Question is, do you want to continue with refining in the future ? I mean, serious refining. If your answer is yes, then invest in proper equipment.* As probably all members here know, I am strong advocate for induction furnance*. Small types going up to 7-8kW of real heating power are relatively cheap, selling under 800 bucks on Aliexpress. Despite the fact they are genuinely Chinese machines, they run nicely, and I never had any problem with them (actually we have two, one large 35kW one). And we abused them A LOT.
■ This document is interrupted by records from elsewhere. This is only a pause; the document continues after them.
-- ===== src/Compiler/Keys.antt =====
-- The keys of the transition table. `transitionKey` joins two names by a colon, which tells the
-- pairs apart as long as the states' names have no colon of their own.
use Prim.Native.Char.{Char, code}
use Prim.Native.String.append
use fsm_go.Prelude.{ℕ, String, append as concat, ◌≡◌, refl, ◌≢◌, ap, ◌∙◌, sym}
use fsm_go.Compiler.{transition_key}

-- `:` is not a character of the text
abbrev pub HasNoColon : String → Type 0
HasNoColon String.[] = Unit {0}
HasNoColon (String.◌∷◌ c s) = (code c ≢ b':') × HasNoColon s

abbrev colon : Char
colon = ":"

-- the key with its first name taken apart
abbrev joined : String → String → String
joined String.[] event = String.◌∷◌ colon event
joined (String.◌∷◌ c s) event = String.◌∷◌ c (joined s event)

transition_key-joined : (s e : String) → transition_key s e ≡ joined s e
transition_key-joined String.[] e =
    append.nil (concat ":" e) ∙ append.cons colon String.[] e ∙ ap (String.◌∷◌ colon) (append.nil e)
transition_key-joined (String.◌∷◌ c s) e =
    append.cons c s (concat ":" e) ∙ ap (String.◌∷◌ c) (transition_key-joined s e)

abbrev first_code : String → ℕ
first_code String.[] = 0
first_code (String.◌∷◌ c s) = code c

joined-injective :
    (s s' e e' : String)
    → HasNoColon s
    → HasNoColon s'
    → joined s e ≡ joined s' e'
    → (s ≡ s') × (e ≡ e')
joined-injective String.[] String.[] e e' h h' p = (refl, cc)
joined-injective String.[] (String.◌∷◌ c s') e e' h h' p = absurd (h'.0 (sym (ap first_code p)))
joined-injective (String.◌∷◌ c s) String.[] e e' h h' p = absurd (h.0 (ap first_code p))
joined-injective (String.◌∷◌ c s) (String.◌∷◌ c' s') e e' h h' p =
    let ih = joined-injective s s' e e' h.1 h'.1 (cc) in (cc ih.0, ih.1)

-- Two keys over states whose names have no colon are equal only for the same state and event.
pub transition_key-injective :
    (s s' e e' : String)
    → HasNoColon s
    → HasNoColon s'
    → transition_key s e ≡ transition_key s' e'
    → (s ≡ s') × (e ≡ e')
transition_key-injective s s' e e' h h' p =
    joined-injective s s' e e' h h'
      (sym (transition_key-joined s e) ∙ p ∙ transition_key-joined s' e')
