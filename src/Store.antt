-- ===== src/Store.antt =====
-- The `Store` interface of workflow/interfaces.go: the operations that the runtime takes as a
-- parameter. A store may read the clock or draw an identifier, so each operation is an action.
use fsm_go.Prelude.{ℤ, String, Bool, Option, List}
use fsm_go.Types.{
  Time, WorkflowInstance, TaskExecution, ExecutionHistory, OutboxMessage, CreateInstanceRequest,
  UpdateInstanceRequest, CompleteTaskRequest,
}
use fsm_go.World.{Act}

pub record Store (S : Type 0) : Type 0 where
  pub create_instance : CreateInstanceRequest → Act S (Unit {0})
  pub get_instance : String → Act S WorkflowInstance
  pub update_instance : UpdateInstanceRequest → Act S (Unit {0})
  pub append_history : List ExecutionHistory → Act S (Unit {0})
  pub list_history : String → Act S (List ExecutionHistory)
  pub list_due_tasks : ℤ → Time → Act S (List TaskExecution)
  pub mark_task_running : String → ℤ → Act S TaskExecution
  pub complete_task : CompleteTaskRequest → Act S (Unit {0})
  pub record_idempotency : String → String → String → Act S Bool
  pub get_idempotency : String → String → Act S (Option String)
  pub append_outbox : List OutboxMessage → Act S (Unit {0})
  pub list_outbox : ℤ → Act S (List OutboxMessage)
  pub mark_outbox_published : String → Act S (Unit {0})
Practically ALL your casual melting can be done in an induction furnance. It is very energy effective heating device = proportion of heat used vs. necessary to attain the required temperature is very nice, compared to indirect heating techniques like using gas torch or gas furnance.* With induction, your temperature limit is practically sublimation point of carbon = using graphite crucibles allow you to go sanely to like 2000°C. Then it burns too quickly in the air  *

So not only for copper, gold and silver. Palladium and platinum like a piece of cake. Even rhodium is nicely melted, when you insert the magnesia crucible inside the graphite one to prevent carbides formation. I do not say this is proper melting technique for these metals (and for Pd certainly isn´t), but much easier and "better" than bleeding with handheld oxy-acetylene, spitting half of the charge around the melt dish, even if you try to not to.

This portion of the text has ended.